Authored by nemanjai on Mar 30 2019, 4:39 PM.

Details

Summary

The single-constant algorithm produces infinities on a lot of denormal values. The precision of the two-constant algorithm is actually sufficient across the range of denormals. We will switch to that algorithm for now to avoid the infinities on denormals. In the future, we will re-evaluate the algorithm to find the optimal one for PowerPC.

Example:

$ cat a.c 
#include <stdio.h>
#include <math.h>
float __attribute__((noinline)) test(float f) { return sqrtf(f); }
int main(void) {
  return printf("sqrt(0.49e-43): %g\n", test(0.49e-43));
}

$ clang -Ofast a.c
$ ./a.out 
sqrt(0.49e-43): -inf

Desired output (and output with this patch applied):

$ ./a.out 
sqrt(0.49e-43): -inf

We have also run this through a reasonable approximation of the gamut of tests (1,000,000 tests per exponent over the full single-precision range vs. the precise HW instruction). Here are the results from this test (courtesy of @renenkel):

 0 ulps:  72 %
  1 ulps:  27
  2 ulps:  0.032
  3 ulps:  0
 >3 ulps:  0.35

max error = 2 ulps over full range
except returns NaN for +Inf

Diff Detail

Repository
rL LLVM

Event Timeline

nemanjai created this revision.Mar 30 2019, 4:39 PM
Herald added a project: Restricted Project. · View Herald TranscriptMar 30 2019, 4:39 PM

I have a couple of nits. The main one being the test case for fma-mutate.ll.
I'm not sure if there is a way to use one const NR for just that one test.

lib/Target/PowerPC/PPC.td
140

nit:
I think it is "Newton-Raphson" not "Newton-Rhapson".

lib/Target/PowerPC/PPCISelLowering.cpp
10988

Same, nit:
Newton-Raphson

test/CodeGen/PowerPC/fma-mutate.ll
17

With this new patch this test no longer really tests all of the things that the author wanted to test.

As the author of the test mentions, the first transformation is not reasonable.
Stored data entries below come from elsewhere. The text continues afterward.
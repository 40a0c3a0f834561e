-- ===== src/Replay/Engine/Outcome.antt =====
-- How a replay of src/agenttrace/replay/engine.py ends: it returns its report exactly when no
-- executor raised, and then every node has completed.
use atcr_agent_trace_collect.Prelude.{
  String, Bool, true, false, ◌||◌, ◌≡◌, refl, subst, ◌⊎◌, inl, inr, some, List, [], ◌∷◌, ◌++◌,
  arith, Option-cases,
}
use atcr_agent_trace_collect.Prelude.Names.{contains}
use atcr_agent_trace_collect.Schema.Types.{Node}
use atcr_agent_trace_collect.Schema.Nodes.{ids}
use atcr_agent_trace_collect.Replay.Engine.{
  Event, replay_completed, Phase, running, completed, Main, gathering, returned, State, initial,
  move, is_running, is_completed, is_raised, is_gathering, is_cancelling, all_in, parents, Choice,
  start, complete, fail, propagate, stop, cancel, reraise, finish, step, run,
}
use atcr_agent_trace_collect.Replay.Engine.Phases.{
  all_in_every, all_in_at, any_in_calm, when-eq-some, and-eq-true,
}

-- The executor of a node raises.
abbrev pub is_failure : Choice → Bool
is_failure (fail _ _) = true
is_failure _ = false

unfoldable pub any_failure : List Choice → Bool
any_failure [] = false
any_failure (c ∷ rest) = is_failure c || any_failure rest

-- No exception is about, and a return comes after all nodes.
record IsClean (g : List Node) (s : State) : Type 0 where
  calm : (n : String) → is_raised (s.phase n) ≡ false
  main_calm : (s.main ≡ gathering) ⊎ (s.main ≡ returned) × (all_in is_completed s (ids g) ≡ true)

move-IsClean :
    (g : List Node) (s : State) (n : String) (phase : Phase) (e : Event)
    → is_raised phase ≡ false
    → IsClean g s
    → s.main ≡ gathering
    → IsClean g (move n phase e s)
move-IsClean g s n phase e quiet c now = record {
  calm = λ m. ground (arith, c.calm m);
  main_calm = inl now;
}

gathering_if_open :
    (g : List Node) (s : State) (n : String)
    → IsClean g s
    → contains n (ids g) ≡ true
    → is_completed (s.phase n) ≡ false
    → s.main ≡ gathering
gathering_if_open g s n c key not_yet = elim c.main_calm [
  | inl now ↦ now
  | inr (_, all) ↦ absurd (cc (all_in_at is_completed s n (ids g) all key))
]

running-not_completed : (p : Phase) → is_running p ≡ true → is_completed p ≡ false
running-not_completed p h = ground arith

gathering-eq : (m : Main) → is_gathering m ≡ true → m ≡ gathering
gathering-eq m h = ground arith

not_cancelling : {g : List Node} (s : State) → IsClean g s → is_cancelling s.main ≡ true → ⊥
not_cancelling s c h = elim c.main_calm [ inl e ↦ cc (rw e at h) | inr (e, _) ↦ cc (rw e at h) ]

clash {ℓ} : {A : Type ℓ} (b : Bool) → b ≡ true → b ≡ false → A
clash b h k = absurd (cc)

step-IsClean :
    (g : List Node) (c : Choice) (s s' : State)
    → is_failure c ≡ false
    → IsClean g s
    → step g c s ≡ some s'
    → IsClean g s'
unfolding step
step-IsClean g (start n) s s' f c h =
    let (t, same) = when-eq-some _ _ h in
    let (t1, _) = and-eq-true _ _ t in
    let (_, now) = and-eq-true _ _ t1 in
    subst (IsClean g) same (move-IsClean g s n running _ refl c (gathering-eq s.main now))
step-IsClean g (complete n) s s' f c h =
    let (t, same) = when-eq-some _ _ h in
    let (key, r) = and-eq-true _ _ t in
    subst (IsClean g) same (
      move-IsClean g s n completed _ refl c
        (gathering_if_open g s n c key (running-not_completed _ r)))
step-IsClean g (fail n x) s s' f c h = absurd (cc)
step-IsClean g (propagate n x) s s' f c h =
    let (t, _) = when-eq-some _ _ h in
    let (_, some_raised) = and-eq-true _ _ t in
    clash _ some_raised (any_in_calm is_raised s (parents g n) c.calm)
step-IsClean g stop s s' f c h =
    let (t, _) = when-eq-some _ _ h in
    let (_, some_raised) = and-eq-true _ _ t in
    clash _ some_raised (any_in_calm is_raised s (ids g) c.calm)
step-IsClean g (cancel n) s s' f c h =
    let (t, _) = when-eq-some _ _ h in
    let (t1, _) = and-eq-true _ _ t in
    let (_, now) = and-eq-true _ _ t1 in absurd (not_cancelling s c now)
step-IsClean g reraise s s' f c h =
    let (t, _) = when-eq-some _ _ h in
    let (now, _) = and-eq-true _ _ t in absurd (not_cancelling s c now)
step-IsClean g finish s s' f c h =
    let (t, same) = when-eq-some _ _ h in
    let (_, all) = and-eq-true _ _ t in
    let end = record s { main = returned; events = s.events ++ replay_completed ∷ [] } in
    subst (IsClean g) same (record {
      calm = c.calm;
      main_calm = inr (
        refl,
        all_in_every is_completed end (ids g) (λ n m. all_in_at is_completed s n (ids g) all m),
      );
    })

run-IsClean :
    (g : List Node) (choices : List Choice) (s t : State)
    → any_failure choices ≡ false
    → IsClean g s
    → run g choices s ≡ some t
    → IsClean g t
unfolding run any_failure
run-IsClean g [] s t f c h = subst (IsClean g) (cc) c
run-IsClean g (x ∷ rest) s t f c h = elim (Option-cases (step g x s)) [
  | inl stuck ↦ absurd (cc (rw (stuck, run) at h))
  | inr (u, e) ↦
      run-IsClean g rest u t (ground arith) (step-IsClean g x s u (ground arith) c e)
        (rw (e, run) at h)
]

-- If no executor raises, the replay raises nothing: it is still gathering, or it has returned and
-- every node has completed.
pub replay_without_failure :
    (g : List Node) (choices : List Choice) (s : State)
    → run g choices initial ≡ some s
    → any_failure choices ≡ false
    → (s.main ≡ gathering)
      ⊎ (s.main ≡ returned)
        × ((n : String) → contains n (ids g) ≡ true → is_completed (s.phase n) ≡ true)
replay_without_failure g choices s r f =
    elim (run-IsClean g choices initial s f (record { calm = λ n. refl; main_calm = inl refl })
      r).main_calm [
        | inl now ↦ inl now
        | inr (e, all) ↦ inr (e, λ n m. all_in_at is_completed s n (ids g) all m)
      ]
However, the potential opportunity for this first transformation is no longer there (the fmr instruction for it is gone) with two const Newton-Raphson. We can at least detect the second legal transformation with the CHECK-NOT.

; CHECK: @foo3
; CHECK-NOT: fmr
; CHECK: xsmaddmdp
; CHECK: xsmaddadp
nemanjai updated this revision to Diff 197763.May 2 2019, 6:16 AM
nemanjai marked an inline comment as done.

Fixed the typos, added a check for no register move.
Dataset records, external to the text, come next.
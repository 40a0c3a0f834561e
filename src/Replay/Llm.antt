-- ===== src/Replay/Llm.antt =====
-- `OpenAICompatibleExecutor.execute` of src/agenttrace/replay/llm.py: the payload that is sent, and
-- the loop over the lines of the stream. The HTTP client and the JSON parser are parameters: a line
-- comes with the time at which it is read, and `loads` is `json.loads`.
pub mod Events
pub mod Measured
pub mod Payload
use Prim.Native.Char.{Char, code}
use mathlib.Core.List.{reverse}
use atcr_agent_trace_collect.Prelude.Texts.{Text, string_of}
use atcr_agent_trace_collect.Prelude.{
  ℕ, zero, suc, ◌+◌, ◌==◌, leb, String, str_eq, Bool, true, false, not, ◌&&◌, ◌||◌, Option, none,
  some, List, [], ◌∷◌, if◌then◌else◌, Result, ok, err, ◌>>=◌, ◌>>◌,
}
use atcr_agent_trace_collect.Prelude.Int.{ℤ, int_eq}
use atcr_agent_trace_collect.Json.{
  Value, Items, Fields, null, bool, int, float, str, list, dict, nil, cons, end, entry, lookup, get,
  elements, assign, is_truthy, or_else, or_default, integer,
}

-- The executor's settings that shape the payload.
pub record Settings : Type 0 where
  pub ignore_eos : Bool
  pub max_tokens_field : String
  pub model_override : Option String

pub data Error : Type 0 where
  -- AttributeError: `.get` of a value that is no dictionary
  no_attribute : Error
  -- TypeError: a loop over a value that is not iterable, or an assignment into one that is no dictionary
  not_iterable not_assignable : Error
  -- json.JSONDecodeError
  bad_json : Error
  -- RuntimeError
  no_usage token_mismatch : Error

-- `value.get(key)`
unfoldable pub get_of : String → Value → Result Error Value
get_of key (dict d) = ok (get key d)
get_of key _ = err no_attribute

abbrev characters : String → List Value
characters String.[] = []
characters (String.◌∷◌ c s) = str (String.◌∷◌ c String.[]) ∷ characters s

abbrev keys : Fields → List Value
keys end = []
keys (entry k _ rest) = str k ∷ keys rest

-- `for item in value`
unfoldable pub iterate : Value → Result Error (List Value)
iterate (list items) = ok (elements items)
iterate (str s) = ok (characters s)
iterate (dict d) = ok (keys d)
iterate _ = err not_iterable

-- `any(test(item) for item in items)`: the first that holds ends it.
unfoldable pub any_of : (Value → Result Error Bool) → List Value → Result Error Bool
any_of test [] = ok false
any_of test (x ∷ rest) = do found ← test x; elim found [ true ↦ ok true | false ↦ any_of test rest ]

-- `(call.get("function") or {}).get("arguments")`, as a truth value
unfoldable pub has_arguments : Value → Result Error Bool
has_arguments call = do
  function ← get_of "function" call
  arguments ← get_of "arguments" (or_else function (dict end))
  ok (is_truthy arguments)

-- `_has_output`
unfoldable pub has_output : Value → Result Error Bool
has_output (dict delta) =
    if is_truthy (get "content" delta)
      || is_truthy (get "reasoning" delta)
      || is_truthy (get "reasoning_content" delta)
    then ok true
    else (do
      calls ← iterate (or_else (get "tool_calls" delta) (list nil))
      any_of has_arguments calls)
has_output _ = err no_attribute

-- `_has_output(choice.get("delta") or {})`
unfoldable pub choice_has_output : Value → Result Error Bool
choice_has_output choice = do delta ← get_of "delta" choice; has_output (or_else delta (dict end))

-- `actual`, `first_output`, `last_output`, `output_chunks`
pub record Stream : Type 0 where
  pub actual : Option ℤ
  pub first_output : Option ℕ
  pub last_output : Option ℕ
  pub output_chunks : ℕ

abbrev pub empty : Stream
empty = record { actual = none; first_output = none; last_output = none; output_chunks = 0 }

abbrev pub first_time : Option ℕ → ℕ → Option ℕ
first_time none now = some now
first_time (some t) now = some t

-- An event with output, at time `now`.
unfoldable pub note_output : ℕ → Bool → Stream → Stream
note_output now false s = s
note_output now true s = record s {
  first_output = first_time s.first_output now;
  last_output = some now;
  output_chunks = s.output_chunks + 1;
}

-- `if isinstance(usage.get("completion_tokens"), int): actual = ...`
unfoldable pub note_usage : Value → Stream → Stream
note_usage tokens s = elim (integer tokens) [ none ↦ s | some n ↦ record s { actual = some n } ]

-- `if self.model_override: payload["model"] = self.model_override`
unfoldable pub override_model : Option String → Fields → Fields
override_model none p = p
override_model (some m) p = if str_eq m "" then p else assign "model" (str m) p

unfoldable pub set_ignore_eos : Bool → Fields → Fields
set_ignore_eos true p = assign "ignore_eos" (bool true) p
set_ignore_eos false p = p

-- `payload.setdefault("stream_options", {})["include_usage"] = True`
unfoldable pub include_usage : Option Value → Fields → Result Error Fields
include_usage none p = ok (assign "stream_options" (dict (entry "include_usage" (bool true) end)) p)
include_usage (some (dict d)) p =
    ok (assign "stream_options" (dict (assign "include_usage" (bool true) d)) p)
include_usage (some _) p = err not_assignable

-- The payload before the options of the stream.
unfoldable pub fixed_fields : Settings → ℤ → Fields → Fields
unfolding override_model set_ignore_eos
fixed_fields c target recorded = assign "stream" (bool true) (
    set_ignore_eos c.ignore_eos
      (assign c.max_tokens_field (int target) (override_model c.model_override recorded)))

unfoldable pub build_payload : Settings → ℤ → Fields → Result Error Fields
unfolding include_usage fixed_fields
build_payload c target recorded =
    let p = fixed_fields c target recorded in include_usage (lookup "stream_options" p) p

-- What is done with one event of the stream.
unfoldable pub read_event : ℕ → Value → Stream → Result Error Stream
unfolding note_output note_usage
read_event now (dict value) s = do
  choices ← iterate (or_default (list nil) (lookup "choices" value))
  output ← any_of choice_has_output choices
  usage ← get_of "completion_tokens" (or_else (get "usage" value) (dict end))
  ok (note_usage usage (note_output now output s))
read_event now _ s = err no_attribute

-- `str.isspace` of a character
unfoldable pub is_space : Char → Bool
is_space ch =
    let c = code ch in
    leb 9 c && leb c 13
    || leb 28 c && leb c 32
    || c == 133
    || c == 160
    || c == 5760
    || leb 8192 c && leb c 8202
    || c == 8232
    || c == 8233
    || c == 8239
    || c == 8287
    || c == 12288

-- `str.lstrip`
unfoldable pub strip_left : Text → Text
unfolding is_space
strip_left [] = []
strip_left (c ∷ t) = let rest = strip_left t in if is_space c then rest else c ∷ t

-- `str.strip`
unfoldable pub strip : Text → Text
unfolding strip_left
strip t = reverse (strip_left (reverse (strip_left t)))

-- `line.startswith("data:")`, and `line[5:]`
unfoldable pub data_of : Text → Option Text
data_of (a ∷ b ∷ c ∷ d ∷ e ∷ rest) =
    if code a == b'd' && code b == b'a' && code c == b't' && code d == b'a' && code e == b':'
    then some rest
    else none
data_of _ = none

-- A line of an event with no data, or with the marker at the end of the stream.
abbrev pub is_done : Text → Bool
is_done t = str_eq (string_of t) "" || str_eq (string_of t) "[DONE]"

-- The end of `execute`: the number of tokens is the recorded one, or the call fails.
unfoldable pub finish : ℤ → Stream → Result Error Stream
finish target s = elim s.actual [
  | none ↦ err no_usage
  | some n ↦ if int_eq n target then ok s else err token_mismatch
]

module _ (loads : Text → Option Value) where
  -- The event of a line that has one.
  unfoldable pub read_data : ℕ → Text → Stream → Result Error Stream
  unfolding read_event
  read_data now data_text s =
      if is_done data_text
      then ok s
      else elim (loads data_text) [ none ↦ err bad_json | some value ↦ read_event now value s ]

  -- One round of `async for line in response.aiter_lines()`
  unfoldable pub read_line : ℕ → Text → Stream → Result Error Stream
  unfolding data_of read_data
  read_line now line s = elim (data_of line) [
    | none ↦ ok s
    | some rest ↦ read_data now (strip rest) s
  ]

  unfoldable pub read_lines : List (ℕ × Text) → Stream → Result Error Stream
  unfolding read_line
  read_lines [] s = ok s
  read_lines ((now, line) ∷ rest) s = do s' ← read_line now line s; read_lines rest s'

  unfoldable pub consume : ℤ → List (ℕ × Text) → Result Error Stream
  unfolding read_lines finish
  consume target lines = do s ← read_lines lines empty; finish target s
stefanp accepted this revision.May 2 2019, 11:10 AM

I only have one comment here and I think it can be fixed when the patch is committed.
LGTM.

lib/Target/PowerPC/PPCSubtarget.h
101

I think that this variable needs to be initialized to false in void PPCSubtarget::initializeEnvironment().

This revision is now accepted and ready to land.May 2 2019, 11:10 AM
nemanjai marked an inline comment as done.May 7 2019, 5:05 AM
nemanjai added inline comments.
lib/Target/PowerPC/PPC.td
140

Thanks. I'll fix it.

lib/Target/PowerPC/PPCSubtarget.h
101

Ah, good catch. I forgot about that.

This revision was automatically updated to reflect the committed changes.